# [WORKING DATA]
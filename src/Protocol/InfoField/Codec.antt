-- ===== src/Protocol/InfoField/Codec.antt =====
-- info_field.rs: what the six bytes and the fields have to do with one another.
use plc_service_rust.Base.{
  ℕ, ◌+◌, ◌*◌, ◌/◌, ◌%◌, ◌<◌, ◌≡◌, refl, ap, ◌∙◌, List, [], ◌∷◌, length, All, ok, err, arith, ◌≢◌,
}
use plc_service_rust.Base.Bits.{
  mask_01, mask_02, mask_04, mask_08, mask_0f, mask_7f, mask_80, mask_f0, bit_or_shl_1,
  bit_or_shl_2, bit_or_shl_3, bit_or_shl_4, bit_or_shl_7,
}
use plc_service_rust.Protocol.Fault.{message}
use plc_service_rust.Protocol.InfoField.{
  InfoFieldType, InfoFieldDown, InfoFieldUp, InfoField, down_of_bytes, up_of_bytes, from_bytes,
  to_bytes, get_type,
}

abbrev pub IsByte : ℕ → Type 0
IsByte b = b < 256

-- Each field fits the bits that the format has for it.
pub record DownFits (d : InfoFieldDown) : Type 0 where
  pub route_flag : d.route_flag < 2
  pub node_flag : d.node_flag < 2
  pub comm_model_mark : d.comm_model_mark < 2
  pub conflict_check : d.conflict_check < 2
  pub relay_level : d.relay_level < 16
  pub channel_flag : d.channel_flag < 16
  pub ecc : d.ecc < 16
  pub answer_bytes : d.answer_bytes < 256
  pub speed : d.speed < 32768
  pub speed_unit_flag : d.speed_unit_flag < 2
  pub seq_num : d.seq_num < 256

pub record UpFits (u : InfoFieldUp) : Type 0 where
  pub route_flag : u.route_flag < 2
  pub comm_model_mark : u.comm_model_mark < 2
  pub relay_level : u.relay_level < 16
  pub channel_flag : u.channel_flag < 16
  pub line_mark : u.line_mark < 16
  pub meter_feature : u.meter_feature < 16
  pub cmd_signal_quality : u.cmd_signal_quality < 16
  pub res_signal_quality : u.res_signal_quality < 16
  pub event_mark : u.event_mark < 256
  pub seq_num : u.seq_num < 256

abbrev pub Fits : InfoField → Type 0
Fits (InfoField.down d) = DownFits d
Fits (InfoField.up u) = UpFits u

-- The fields in plain arithmetic.
abbrev down_values : ℕ → ℕ → ℕ → ℕ → ℕ → ℕ → InfoFieldDown
down_values b0 b1 b2 b3 b4 b5 = record {
  route_flag = b0 % 2;
  node_flag = b0 / 2 % 2;
  comm_model_mark = b0 / 4 % 2;
  conflict_check = b0 / 8 % 2;
  relay_level = b0 / 16;
  channel_flag = b1 % 16;
  ecc = b1 / 16;
  answer_bytes = b2;
  speed = b3 + b4 % 128 * 256;
  speed_unit_flag = b4 / 128;
  seq_num = b5;
}

abbrev up_values : ℕ → ℕ → ℕ → ℕ → ℕ → ℕ → InfoFieldUp
up_values b0 b1 b2 b3 b4 b5 = record {
  route_flag = b0 % 2;
  comm_model_mark = b0 / 4 % 2;
  relay_level = b0 / 16;
  channel_flag = b1 % 16;
  line_mark = b2 % 16;
  meter_feature = b2 / 16;
  cmd_signal_quality = b3 % 16;
  res_signal_quality = b3 / 16;
  event_mark = b4;
  seq_num = b5;
}

down_of_bytes_values :
    (b0 b1 b2 b3 b4 b5 : ℕ)
    → IsByte b0
    → IsByte b1
    → IsByte b4
    → down_of_bytes (b0 ∷ b1 ∷ b2 ∷ b3 ∷ b4 ∷ b5 ∷ []) ≡ ok (down_values b0 b1 b2 b3 b4 b5)
unfolding down_of_bytes
down_of_bytes_values b0 b1 b2 b3 b4 b5 h0 h1 h4 = ground (
  arith,
  mask_01 b0 h0,
  mask_02 b0 h0,
  mask_04 b0 h0,
  mask_08 b0 h0,
  mask_f0 b0 h0,
  mask_0f b1 h1,
  mask_f0 b1 h1,
  mask_7f b4 h4,
  mask_80 b4 h4,
)

up_of_bytes_values :
    (b0 b1 b2 b3 b4 b5 : ℕ)
    → IsByte b0
    → IsByte b1
    → IsByte b2
    → IsByte b3
    → up_of_bytes (b0 ∷ b1 ∷ b2 ∷ b3 ∷ b4 ∷ b5 ∷ []) ≡ ok (up_values b0 b1 b2 b3 b4 b5)
unfolding up_of_bytes
up_of_bytes_values b0 b1 b2 b3 b4 b5 h0 h1 h2 h3 = ground (
  arith,
  mask_01 b0 h0,
  mask_04 b0 h0,
  mask_f0 b0 h0,
  mask_0f b1 h1,
  mask_0f b2 h2,
  mask_f0 b2 h2,
  mask_0f b3 h3,
  mask_f0 b3 h3,
)

-- The bytes in plain arithmetic.
abbrev down_bytes : InfoFieldDown → List ℕ
down_bytes d =
    (d.route_flag
      + d.node_flag * 2
      + d.comm_model_mark * 4
      + d.conflict_check * 8
      + d.relay_level * 16)
    ∷ (d.channel_flag + d.ecc * 16)
    ∷ d.answer_bytes
    ∷ d.speed % 256
    ∷ (d.speed / 256 + d.speed_unit_flag * 128)
    ∷ d.seq_num
    ∷ []

to_bytes-down : (d : InfoFieldDown) → DownFits d → to_bytes (InfoField.down d) ≡ down_bytes d
unfolding to_bytes
to_bytes-down d h =
    rw
      (
        bit_or_shl_1 d.route_flag d.node_flag h.route_flag (omega arith),
        bit_or_shl_2 (d.route_flag + d.node_flag * 2) d.comm_model_mark (omega arith) (omega arith),
        bit_or_shl_3 (d.route_flag + d.node_flag * 2 + d.comm_model_mark * 4) d.conflict_check
            (omega arith) (omega arith),
        bit_or_shl_4 (d.route_flag + d.node_flag * 2 + d.comm_model_mark * 4 + d.conflict_check * 8)
            d.relay_level (omega arith) h.relay_level,
        bit_or_shl_4 d.channel_flag d.ecc h.channel_flag h.ecc,
        mask_7f (d.speed / 256 % 256) (omega arith),
        bit_or_shl_7 (d.speed / 256 % 256 % 128) d.speed_unit_flag (omega arith) h.speed_unit_flag,
      )
      (ground arith)

abbrev up_bytes : InfoFieldUp → List ℕ
up_bytes u =
    (u.route_flag + u.comm_model_mark * 4 + u.relay_level * 16)
    ∷ u.channel_flag
    ∷ (u.line_mark + u.meter_feature * 16)
    ∷ (u.cmd_signal_quality + u.res_signal_quality * 16)
    ∷ u.event_mark
    ∷ u.seq_num
    ∷ []

to_bytes-up : (u : InfoFieldUp) → UpFits u → to_bytes (InfoField.up u) ≡ up_bytes u
unfolding to_bytes
to_bytes-up u h = rw (
  bit_or_shl_2 u.route_flag u.comm_model_mark (omega arith) (omega arith),
  bit_or_shl_4 (u.route_flag + u.comm_model_mark * 4) u.relay_level (omega arith) h.relay_level,
  bit_or_shl_4 u.line_mark u.meter_feature h.line_mark h.meter_feature,
  bit_or_shl_4 u.cmd_signal_quality u.res_signal_quality (omega arith) (omega arith),
)

down_values-down_bytes : (d : InfoFieldDown) → DownFits d → down_of_bytes (down_bytes d) ≡ ok d
down_values-down_bytes d h =
    down_of_bytes_values _ _ _ _ _ _ (omega arith) (omega arith) (omega arith)
    ∙ ap ok (ground arith)

up_values-up_bytes : (u : InfoFieldUp) → UpFits u → up_of_bytes (up_bytes u) ≡ ok u
up_values-up_bytes u h =
    up_of_bytes_values _ _ _ _ _ _ (omega arith) (omega arith) (omega arith) (omega arith)
    ∙ ap ok (ground arith)

-- An information field whose parts fit their bits is read back from its own six bytes.
pub from_bytes-to_bytes_info :
    (f : InfoField) → Fits f → from_bytes (get_type f) (to_bytes f) ≡ ok f
unfolding from_bytes
from_bytes-to_bytes_info (InfoField.down d) h =
    rw (to_bytes-down d h) (rw (down_values-down_bytes d h))
from_bytes-to_bytes_info (InfoField.up u) h = rw (to_bytes-up u h) (rw (up_values-up_bytes u h))

-- A list of six elements, taken apart.
six_elements :
    (bytes : List ℕ)
    → length bytes ≡ 6
    → (b0 b1 b2 b3 b4 b5 : ℕ) × (bytes ≡ b0 ∷ b1 ∷ b2 ∷ b3 ∷ b4 ∷ b5 ∷ [])
six_elements (b0 ∷ b1 ∷ b2 ∷ b3 ∷ b4 ∷ b5 ∷ []) h = (b0, b1, b2, b3, b4, b5, refl)
six_elements [] h = absurd (omega arith)
six_elements (b0 ∷ []) h = absurd (omega arith)
six_elements (b0 ∷ b1 ∷ []) h = absurd (omega arith)
six_elements (b0 ∷ b1 ∷ b2 ∷ []) h = absurd (omega arith)
six_elements (b0 ∷ b1 ∷ b2 ∷ b3 ∷ []) h = absurd (omega arith)
six_elements (b0 ∷ b1 ∷ b2 ∷ b3 ∷ b4 ∷ []) h = absurd (omega arith)
six_elements (b0 ∷ b1 ∷ b2 ∷ b3 ∷ b4 ∷ b5 ∷ b6 ∷ bs) h = absurd (omega arith)

from_bytes_six :
    (t : InfoFieldType) (b0 b1 b2 b3 b4 b5 : ℕ)
    → All IsByte (b0 ∷ b1 ∷ b2 ∷ b3 ∷ b4 ∷ b5 ∷ [])
    → (f : InfoField) × (from_bytes t (b0 ∷ b1 ∷ b2 ∷ b3 ∷ b4 ∷ b5 ∷ []) ≡ ok f)
      × (get_type f ≡ t)
      × Fits f
unfolding from_bytes
from_bytes_six InfoFieldType.down b0 b1 b2 b3 b4 b5 h = (
  InfoField.down (down_values b0 b1 b2 b3 b4 b5),
  rw (down_of_bytes_values b0 b1 b2 b3 b4 b5 (omega arith) (omega arith) (omega arith)),
  refl,
  omega arith,
)
from_bytes_six InfoFieldType.up b0 b1 b2 b3 b4 b5 h = (
  InfoField.up (up_values b0 b1 b2 b3 b4 b5),
  rw (up_of_bytes_values b0 b1 b2 b3 b4 b5 (omega arith) (omega arith) (omega arith) (omega arith)),
  refl,
  omega arith,
)

-- Any six bytes are read, in either direction: the result has the type that was asked for, and each
-- of its parts fits the bits that the format has for it.
pub from_bytes_total :
    (t : InfoFieldType) (bytes : List ℕ)
    → All IsByte bytes
    → length bytes ≡ 6
    → (f : InfoField) × (from_bytes t bytes ≡ ok f) × (get_type f ≡ t) × Fits f
from_bytes_total t bytes hb h =
    let (b0, b1, b2, b3, b4, b5, e) = six_elements bytes h in
    let (f, p, q, r) = from_bytes_six t b0 b1 b2 b3 b4 b5 (rw e at hb) in (f, rw e p, q, r)

-- Any other number of bytes is refused with the error of the size check, in either direction.
pub from_bytes_size :
    (t : InfoFieldType) (bytes : List ℕ)
    → length bytes ≢ 6
    → from_bytes t bytes ≡ err (message "Invalid info field size")
unfolding from_bytes down_of_bytes up_of_bytes
from_bytes_size InfoFieldType.down bytes h = ground arith
from_bytes_size InfoFieldType.up bytes h = ground arith

down_bytes-down_values :
    (b0 b1 b2 b3 b4 b5 : ℕ)
    → IsByte b0
    → IsByte b3
    → IsByte b4
    → down_bytes (down_values b0 b1 b2 b3 b4 b5) ≡ b0 ∷ b1 ∷ b2 ∷ b3 ∷ b4 ∷ b5 ∷ []
down_bytes-down_values b0 b1 b2 b3 b4 b5 h0 h3 h4 = ground arith

-- In the down direction no bit is lost: any six bytes are written again as they were read.
pub to_bytes-from_bytes_info :
    (bytes : List ℕ) (f : InfoField)
    → All IsByte bytes
    → length bytes ≡ 6
    → from_bytes InfoFieldType.down bytes ≡ ok f
    → to_bytes f ≡ bytes
unfolding from_bytes
to_bytes-from_bytes_info bytes f hb h p =
    let (b0, b1, b2, b3, b4, b5, e) = six_elements bytes h in
    let all : All IsByte (b0 ∷ b1 ∷ b2 ∷ b3 ∷ b4 ∷ b5 ∷ []) = rw e at hb in
    let values : InfoField = InfoField.down (down_values b0 b1 b2 b3 b4 b5) in
    let q : from_bytes InfoFieldType.down (b0 ∷ b1 ∷ b2 ∷ b3 ∷ b4 ∷ b5 ∷ []) ≡ ok values =
      rw (down_of_bytes_values b0 b1 b2 b3 b4 b5 (omega arith) (omega arith) (omega arith)) in
    let same : values ≡ f = cc in
    rw (← same, e)
      (to_bytes-down (down_values b0 b1 b2 b3 b4 b5) (omega arith)
        ∙ down_bytes-down_values b0 b1 b2 b3 b4 b5 (omega arith) (omega arith) (omega arith))
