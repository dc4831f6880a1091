-- ===== src/Protocol/AppData.antt =====
-- src/protocol/app_data/mod.rs: addresses, data flags and application data. `fn_num - 1`,
-- `self.mark >> index` and `self.type_ * 8 + index + 1` are `u8` arithmetic with overflow checks.
pub mod Flag
pub mod Codec
pub mod Check
use plc_service_rust.Base.{
  ℕ, zero, suc, ◌+◌, ◌-◌, ◌*◌, ◌/◌, ◌%◌, ◌^◌, ◌==◌, leb, ltb, if◌then◌else◌, bit_and, bit_or, List,
  [], ◌∷◌, ◌++◌, reverse, length, Option, none, some, Outcome, ok, err, panic, ensure, unwrap,
  index, slice, slice_from, add_u8, sub_u8, mul_u8, ◌>>=◌, ◌>>◌, Bool,
}
use plc_service_rust.Base.Bits.{shl_u8}
use plc_service_rust.Protocol.Fault.{
  Afn, answer, init, data_forward, query_data, ctrl_cmd, route_get, route_set, route_data_forward,
  cocurrent_read_meter, afn_to_u8, afn_eq, afn_of_u8, AppDataError, afn, fn_num, data_length, Error,
  app_data, message,
}

abbrev pub addr_len : ℕ
addr_len = 6

-- `Address([u8; 6])`: the array as a list; `AddressFits` says that it has six bytes.
pub record Address : Type 0 where
  pub bytes : List ℕ

-- `Address::try_from(&[u8])`: the wire has the bytes in reverse order.
unfoldable pub address_of_bytes : List ℕ → Outcome Error Address
address_of_bytes data_ = do
  ensure (length data_ == addr_len) (message "address length error")
  ok (record { bytes = reverse data_ })

unfoldable pub address_to_bytes : Address → List ℕ
address_to_bytes address = reverse address.bytes

abbrev pub app_data_prefix_size : ℕ
app_data_prefix_size = 3

pub record DataFlag : Type 0 where
  pub type_ : ℕ
  pub mark : ℕ

-- The loop of `as_fn_num` with the rounds left as fuel: at index 8 the shift of a `u8` overflows.
unfoldable pub find_mark : ℕ → ℕ → ℕ → Outcome Error ℕ
find_mark zero index mark = panic
find_mark (suc rounds) index mark =
    let next = find_mark rounds (index + 1) mark in
    if bit_and (mark / 2 ^ index) 0x01 == 0x00 then next else ok index

unfoldable pub as_fn_num : DataFlag → Outcome Error ℕ
as_fn_num flag = do
  index ← find_mark 8 0 flag.mark
  types ← mul_u8 flag.type_ 8
  sum ← add_u8 types index
  add_u8 sum 1

-- `DataFlag::from(u8)`.
unfoldable pub flag_of_fn_num : ℕ → Outcome Error DataFlag
flag_of_fn_num number = do
  n ← sub_u8 number 1
  ok (record { type_ = n / 8; mark = shl_u8 1 (n % 8) })

-- `DataFlag::from(&[u8])`: a little-endian `u16` with the type in its high byte.
unfoldable pub flag_of_bytes : List ℕ → Outcome Error DataFlag
flag_of_bytes data_flag = do
  lo ← index data_flag 0
  hi ← index data_flag 1
  if length data_flag == 2 then ok (record { type_ = hi; mark = lo }) else panic

pub record AppData : Type 0 where
  pub afn : Afn
  pub data_flag : DataFlag
  pub data_units : Option (List ℕ)

unfoldable pub new : Afn → ℕ → Option (List ℕ) → Outcome Error AppData
new a number units = do
  flag ← flag_of_fn_num number
  ok (record { afn = a; data_flag = flag; data_units = units })

-- The length of the data units.
abbrev pub units_length : Option (List ℕ) → ℕ
units_length none = 0
units_length (some units) = length units

abbrev pub app_data_length : AppData → ℕ
app_data_length app = app_data_prefix_size + units_length app.data_units

abbrev pub comm_mark_of_afn : Afn → ℕ
comm_mark_of_afn answer = 0
comm_mark_of_afn init = 0
comm_mark_of_afn query_data = 0
comm_mark_of_afn ctrl_cmd = 0
comm_mark_of_afn route_get = 0
comm_mark_of_afn route_set = 0
comm_mark_of_afn data_forward = 1
comm_mark_of_afn route_data_forward = 1
comm_mark_of_afn cocurrent_read_meter = 1
comm_mark_of_afn _ = 0

abbrev pub get_comm_mark : AppData → ℕ
get_comm_mark app = comm_mark_of_afn app.afn

unfoldable pub check : AppData → Afn → ℕ → ℕ → Outcome Error (Unit {0})
check app a number len = do
  ensure (afn_eq app.afn a) (app_data (AppDataError.afn app.afn))
  n ← as_fn_num app.data_flag
  ensure (n == number) (app_data (AppDataError.fn_num n))
  ensure (units_length app.data_units == len)
      (app_data (AppDataError.data_length (units_length app.data_units)))

-- `AppData::try_from(&[u8])`.
unfoldable pub of_bytes : List ℕ → Outcome Error AppData
of_bytes bytes = do
  ensure (leb app_data_prefix_size (length bytes)) (message "app data length error")
  b0 ← index bytes 0
  a ← afn_of_u8 b0
  flag_bytes ← slice bytes 1 app_data_prefix_size
  flag ← flag_of_bytes flag_bytes
  number ← as_fn_num flag
  units ← slice_from bytes app_data_prefix_size
  new a number (if ltb app_data_prefix_size (length bytes) then some units else none)

abbrev pub units_bytes : Option (List ℕ) → List ℕ
units_bytes none = []
units_bytes (some units) = units

unfoldable pub to_bytes : AppData → List ℕ
to_bytes app =
    afn_to_u8 app.afn ∷ app.data_flag.mark ∷ app.data_flag.type_ ∷ units_bytes app.data_units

# [TASK PROMPT]
From the records above, retype only the lines starting at the line that contains "ensure (n == number)" and ending at the line that contains "new a number (if", both included.

# [RESPONSE TO THE TASK]
  ensure (n == number) (app_data (AppDataError.fn_num n))
  ensure (units_length app.data_units == len)
      (app_data (AppDataError.data_length (units_length app.data_units)))

-- `AppData::try_from(&[u8])`.
unfoldable pub of_bytes : List ℕ → Outcome Error AppData
of_bytes bytes = do
  ensure (leb app_data_prefix_size (length bytes)) (message "app data length error")
  b0 ← index bytes 0
  a ← afn_of_u8 b0
  flag_bytes ← slice bytes 1 app_data_prefix_size
  flag ← flag_of_bytes flag_bytes
  number ← as_fn_num flag
  units ← slice_from bytes app_data_prefix_size
  new a number (if ltb app_data_prefix_size (length bytes) then some units else none)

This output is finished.